For the clean rain experiment, rapid changes of the NH₄⁺, NO₃^-, SO₄^2-, and H⁺ budgets were observed immediately after the clean rain treatment. For the treatment period (1992-1994), the total outputs of NO₃^- and NH₄⁺ at the clean rain plot (7.4 and 0.4 kg ha^-1) were much lower than those at the control plot (30.6 and 0.8 kg ha^-1). In N budgeting (NO₃^- + NH₄⁺), the clean rain plot showed a considerably smaller surplus than the control plot (27.7 vs. 59.2 kg ha^-1). The clean rain plot showed a lower SO₄^2- output (122.8 kg ha^-1), but a larger deficit on budgeting (-67.1 kg ha^-1) than the control plot (151.3 and -34.9 kg ha^-1, respectively). In H⁺ budgeting, the clean rain plot presented a deficit (-0.2 kg ha^-1), whereas the control plot a surplus (2.3 kg ha^-1). The results showed that deposition rates largely controlled the element input/output budgets in the spruce forest on a strongly acidified soil. The greater deficits of SO₄^2--S and H⁺ and the decreased N accumulation in the clean rain treatment may indicate that acidified states in an ecosystem might be reversible when acid deposition is reduced.

For the drought experiment, in the first and second treatment years (1992 and 1993) with extremely pronounced drought periods (nearly 6 months), NH₄⁺ responded with a strongly decreased surplus, but the (NO₃^- budgets remained almost at the same level as before the drought treatment. From 1992 to 1994, NO₃^-, NH₄⁺ and Al³⁺ outputs in seepage water at the drought plot (9.7, 0.0, and 63.8 kg ha^-1) were considerably lower than at the control plot (30.6, 0.8, and 86.2 kg ha^-1). Beck (1983) and Sparling & Ross (1988) pointed out that a nitrification pulse in soil may occur after drought/rewetting due to an increased N-mineralisation rate.
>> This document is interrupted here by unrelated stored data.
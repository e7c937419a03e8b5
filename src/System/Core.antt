-- ===== src/System/Core.antt =====
-- contracts/eosio.system/src/eosio.system.cpp: accounts are created, and the system is set up.
use ux_contracts.Prelude.{
  ℕ, zero, suc, ◌+◌, ◌*◌, ◌/◌, ◌%◌, Bool, false, not, ◌&&◌, ◌||◌, Option, some, [], ◌∷◌, ◌==◌,
  if◌then◌else◌, ℤ, pos, ltb_ℤ, leb_ℤ, int64, quot, ltb, leb, is_some, sub_64,
}
use ux_contracts.Chain.Action.{Action, ◌>>=◌, ◌>>◌, check, or_fail, gets, modify, when}
use ux_contracts.Chain.Asset.{Symbol, Asset, symbol_eq}
use ux_contracts.Chain.Context.{Context, require_auth}
use ux_contracts.Chain.Platform.{Platform}
use ux_contracts.Chain.Double.{Double, of_ℕ}
use ux_contracts.Token.History.{open_call}
use ux_contracts.System.Tables.{Names, UserResources, ramcore_symbol, rex_account}
use ux_contracts.System.State.{State, send, set_global, core_asset, set_resource_limits}
use ux_contracts.System.Ram.{put_resources}
use ux_contracts.System.Weights.{update_weights}

-- The loop over the characters of a name: one of them is a dot.
abbrev pub has_dot : (characters tmp : ℕ) → Bool
has_dot zero tmp = false
has_dot (suc n) tmp = (tmp % 32 == 0) || has_dot n (tmp / 32)

module _ ⦃p : Platform⦄ ⦃d : Double⦄ where
  open p use {find, put, drop}

  -- A name without a suffix has to be won in an auction that is closed, and is taken off the auctions.
  abbrev pub claim_name : Context → (creator newact : ℕ) → Action State (Unit {0})
  claim_name ctx creator newact = do
    found ← gets (λ s. find s.bids ctx.self newact)
    current ← or_fail found "no active bid for name"
    check (current.high_bidder == creator) "only highest bidder can claim"
    check (ltb_ℤ current.high_bid (pos 0)) "auction for name is not closed yet"
    modify (λ s. record s { bids = drop s.bids ctx.self newact })

  abbrev pub check_name : ⦃n : Names⦄ → Context → (creator newact : ℕ) → Action State (Unit {0})
  check_name ⦃n⦄ ctx creator newact =
      if n.suffix newact == newact
      then claim_name ctx creator newact
      else check (creator == n.suffix newact) "only suffix may create this account"

  abbrev pub new_resources : ℕ → Asset → Asset → UserResources
  new_resources owner net cpu = record {
    owner = owner;
    net_weight = net;
    cpu_weight = cpu;
    ram_bytes = pos 0;
  }

  unfoldable pub newaccount : ⦃n : Names⦄ → Context → (creator newact : ℕ) → Action State (Unit {0})
  newaccount ctx creator newact = do
    when (not (creator == ctx.self) && has_dot 12 (newact / 16)) (check_name ctx creator newact)
    net ← core_asset (pos 0)
    cpu ← core_asset (pos 0)
    found ← gets (λ s. find s.userres newact newact)
    check (not (is_some found))
        "could not insert object, most likely a uniqueness constraint was violated"
    modify (put_resources newact newact (new_resources newact net cpu))
    modify (set_resource_limits newact (pos 0) (pos 0) (pos 0))

  unfoldable pub updtrevision : Context → ℕ → Action State (Unit {0})
  updtrevision ctx revision = do
    require_auth ctx ctx.self
    g ← gets (λ s. s.global)
    check (ltb g.revision 255) "can not increment revision"
    check (revision == g.revision + 1) "can only increment revision by one"
    check (leb revision 1) "specified revision is not yet supported by the code"
    modify (set_global (λ g. record g { revision = revision }))

  abbrev pay_factor_precision : ℤ
  pay_factor_precision = pos 10_000

  -- `std::log1p(double(annual_rate)/double(100*inflation_precision))`
  abbrev pub get_continuous_rate : ℤ → d.F
  get_continuous_rate annual_rate = d.log1p (d.div (d.of_ℤ annual_rate) (of_ℕ (100 * 100)))

  unfoldable pub setinflation :
      Context → (annual_rate inflation_pay_factor votepay_factor : ℤ) → Action State (Unit {0})
  setinflation ctx annual_rate inflation_pay_factor votepay_factor = do
    require_auth ctx ctx.self
    check (leb_ℤ (pos 0) annual_rate) "annual_rate can't be negative"
    check (leb_ℤ pay_factor_precision inflation_pay_factor)
        "inflation_pay_factor must not be less than 10000"
    check (leb_ℤ pay_factor_precision votepay_factor) "votepay_factor must not be less than 10000"
    modify (
        update_weights (λ w. record w {
          continuous_rate = get_continuous_rate annual_rate;
          inflation_pay_factor = inflation_pay_factor;
          votepay_factor = votepay_factor;
        }))

  abbrev ram_symbol : Symbol
  ram_symbol = record { code = 5062994; precision = 0 }

  -- `system_token_supply` is what the token contract has as the supply of `core`, if it has a row.
  unfoldable pub init :
      Context → (version : ℕ) → (core : Symbol) → Option Asset → Action State (Unit {0})
  init ctx version core supply = do
    require_auth ctx ctx.self
    check (version == 0) "unsupported version for init action"
    itr ← gets (λ s. s.rammarket)
    check (not (is_some itr)) "system contract has already been initialized"
    system_token_supply ← or_fail supply "unable to find key"
    check (symbol_eq system_token_supply.symbol core)
        "specified core symbol does not exist (precision mismatch)"
    check (ltb_ℤ (pos 0) system_token_supply.amount) "system token supply must be greater than 0"
    g ← gets (λ s. s.global)
    let free_ram = int64 (pos (sub_64 g.max_ram_size g.total_ram_bytes_reserved))
    modify (λ s. record s {
      rammarket = some (record {
        supply = record { amount = pos 100_000_000_000_000; symbol = ramcore_symbol };
        base = record { amount = free_ram; symbol = ram_symbol };
        quote = record { amount = quot system_token_supply.amount 1000; symbol = core };
      });
    })
    send (ctx.self ∷ []) (open_call rex_account core ctx.self)
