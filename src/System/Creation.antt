-- ===== src/System/Creation.antt =====
-- An account with a name that is auctioned goes to the winner of a closed auction.
use ux_contracts.Prelude.{
  ℕ, ◌≡◌, ◌/◌, ◌∙◌, refl, sym, ap, subst, if◌then◌else◌, not, ◌&&◌, true, false, ◌==◌, none, some,
  is_some, arith, ℤ, pos, ◌<ℤ◌,
}
use ux_contracts.Chain.Action.{ok, when, check, gets, modify, ◌>>=◌, ◌>>◌}
use ux_contracts.Chain.Asset.{Asset}
use ux_contracts.Chain.Context.{Context}
use ux_contracts.Chain.Platform.{Platform}
use ux_contracts.Chain.Double.{Double}
use ux_contracts.Chain.Frame.{bind-ok, or_fail-then, when-then}
use ux_contracts.Bidding.{NameBid}
use ux_contracts.System.Tables.{Names, UserResources}
use ux_contracts.System.State.{State, core_asset, set_resource_limits}
use ux_contracts.System.Ram.{put_resources}
use ux_contracts.System.Core.{has_dot, newaccount, check_name, claim_name, new_resources}

module _ ⦃p : Platform⦄ ⦃d : Double⦄ ⦃n : Names⦄ where
  open p use {find, drop, find-drop, find-put}

  -- What the creation of an account with a name that is auctioned rests on, and what it leaves.
  pub record Created (self creator newact : ℕ) (s t : State) : Type 0 where
    pub bid : NameBid
    pub found : find s.bids self newact ≡ some bid
    pub winner : bid.high_bidder ≡ creator
    pub closed : bid.high_bid <ℤ pos 0
    pub gone : find t.bids self newact ≡ none
    pub other_bids : (b : ℕ) → (newact == b) ≡ false → find t.bids self b ≡ find s.bids self b
    pub unknown : find s.userres newact newact ≡ none
    pub row : UserResources
    pub row_lem : find t.userres newact newact ≡ some row
    pub empty_row :
        (row.owner ≡ newact)
        × (row.net_weight.amount ≡ pos 0)
        × (row.cpu_weight.amount ≡ pos 0)
        × (row.ram_bytes ≡ pos 0)
    pub no_limits : t.limits newact ≡ record { ram = pos 0; net = pos 0; cpu = pos 0 }

  claim_name-Claimed :
      (ctx : Context) (creator newact : ℕ) (s t : State)
      → claim_name ctx creator newact s ≡ ok (tt, t)
      → (b : NameBid) × (find s.bids ctx.self newact ≡ some b)
        × (b.high_bidder ≡ creator)
        × (b.high_bid <ℤ pos 0)
        × (t ≡ record s { bids = drop s.bids ctx.self newact })
  claim_name-Claimed ctx creator newact s t run =
      let (b, found, r0) =
        or_fail-then (find s.bids ctx.self newact) "no active bid for name" _ s t tt run in
      (b, found, ground arith, ground arith, ground arith)

  core_asset-ok :
      (amount : ℤ) (s t : State) (x : Asset)
      → core_asset amount s ≡ ok (x, t)
      → (x.amount ≡ amount) × (t ≡ s)
  core_asset-ok amount s t x run = ground arith

  -- The state with the row of a new account.
  abbrev with_row : ℕ → Asset → Asset → State → State
  with_row newact net cpu s =
      set_resource_limits newact (pos 0) (pos 0) (pos 0)
        (put_resources newact newact (new_resources newact net cpu) s)

  row-stored :
      (newact : ℕ) (net cpu : Asset) (s t : State)
      → (do
        found ← gets (λ (s : State). find s.userres newact newact)
        check
            (not (is_some found))
            "could not insert object, most likely a uniqueness constraint was violated"
        modify (put_resources newact newact (new_resources newact net cpu))
        modify (set_resource_limits newact (pos 0) (pos 0) (pos 0)))
          s
        ≡ ok (tt, t)
      → (find s.userres newact newact ≡ none) × (t ≡ with_row newact net cpu s)
  row-stored newact net cpu s t run = (ground arith, ground arith)

  created :
      (self creator newact : ℕ) (s t : State) (net cpu : Asset) (b : NameBid)
      → find s.bids self newact ≡ some b
      → b.high_bidder ≡ creator
      → b.high_bid <ℤ pos 0
      → net.amount ≡ pos 0
      → cpu.amount ≡ pos 0
      → find s.userres newact newact ≡ none
      → t ≡ with_row newact net cpu (record s { bids = drop s.bids self newact })
      → Created self creator newact s t
  created self creator newact s t net cpu b found winner closed zero_net zero_cpu unknown after =
      let bids_are : t.bids ≡ drop s.bids self newact = ap (λ (w : State). w.bids) after in
      record {
        bid = b;
        found = found;
        winner = winner;
        closed = closed;
        gone =
            ap (λ w. find w self newact) bids_are
            ∙ find-drop s.bids self newact self newact
            ∙ ground arith;
        other_bids = λ c e.
            ap (λ w. find w self c) bids_are ∙ find-drop s.bids self newact self c ∙ ground arith;
        unknown = unknown;
        row = new_resources newact net cpu;
        row_lem =
            ap (λ (w : State). find w.userres newact newact) after
            ∙ find-put s.userres newact newact newact (new_resources newact net cpu) newact newact
            ∙ ground arith;
        empty_row = (refl, zero_net, zero_cpu, refl);
        no_limits = ap (λ (w : State). w.limits newact) after ∙ ground arith;
      }

  -- The creator is not the system, the name has a dot among its characters and is its own suffix: an
  -- account is created with it only if the creator holds the highest bid of an auction that is
  -- closed. The bid is then gone, and no other; the account had no resources, and gets a row
  -- with none and limits of zero.
  pub newaccount-Created :
      (ctx : Context) (creator newact : ℕ) (s t : State)
      → (creator == ctx.self) ≡ false
      → has_dot 12 (newact / 16) ≡ true
      → n.suffix newact ≡ newact
      → newaccount ctx creator newact s ≡ ok (tt, t)
      → Created ctx.self creator newact s t
  unfolding newaccount
  newaccount-Created ctx creator newact s t other dotted own run =
      let (u1, s1, e1, r1) = bind-ok (when _ (check_name ctx creator newact)) _ s t tt run in
      let e1' : check_name ctx creator newact s ≡ ok (tt, s1) =
        when-then (not (creator == ctx.self) && has_dot 12 (newact / 16))
          (check_name ctx creator newact) s (ok (tt, s1)) (ground arith) e1 in
      let top : (n.suffix newact == newact) ≡ true = ground arith in
      let (b, found, winner, closed, after) = claim_name-Claimed ctx creator newact s s1 (
        subst
          (λ b.
            (if b
                then claim_name ctx creator newact
                else check (creator == n.suffix newact) "only suffix may create this account")
              s
            ≡ ok (tt, s1))
          top e1') in
      let (net, s2, e2, r2) = bind-ok (core_asset (pos 0)) _ s1 t tt r1 in
      let (cpu, s3, e3, r3) = bind-ok (core_asset (pos 0)) _ s2 t tt r2 in
      let same2 = core_asset-ok (pos 0) s1 s2 net e2 in
      let same3 = core_asset-ok (pos 0) s2 s3 cpu e3 in
      let here : s3 ≡ record s { bids = drop s.bids ctx.self newact } = same3.1 ∙ same2.1 ∙ after in
      let (unknown, stored) = row-stored newact net cpu s3 t r3 in
      created ctx.self creator newact s t net cpu b found winner closed same2.0 same3.0
        (ap (λ (w : State). find w.userres newact newact) (sym here) ∙ unknown)
        (stored ∙ ap (with_row newact net cpu) here)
Matzner & Thoma (1983) and Ulrich (1983) supposed that an acidification pulse in soil may happen under drought/rewetting conditions probably due to increased release of Al³⁺ and nitrate-N. The results of our studies, however, did not wholly support these views. Also, the soil chemical concentrations during the whole treatment period could not provide any convincing evidence for such pulses (Lamersdorf et al. 1997).

References

Beck, T., Zeitschr. Pflanzenernährung Boden., 146, 243-252 (1983).

Lamersdorf, N.P., Beier, C., Blanck, K., Bredemeier, M., Cummins, T., Farrell, E.P., Kreutzer, K., Rasmussen, L., Ryan, M., Weis, W. & Xu, Y.-J., Forest Ecol. Manage., in press (1997).

Likens, G.E. & Bormann, F.H., Science, 184, 1176-1179 (1974).

Matzner, E. & Thoma, E., Allg. Forstzeitschr., 38, 677-682 (1983).

Sparling, G.P. & Ross, D. J., Plant and Soil, 105, 163-167 (1988).

Ulrich, B., In Effects of Accumulation of Air Pollutants in Forest Ecosystems (eds Ulrich, B. & Pankrath, J.), 1-29 (D. Reidel, Dordrecht, 1983).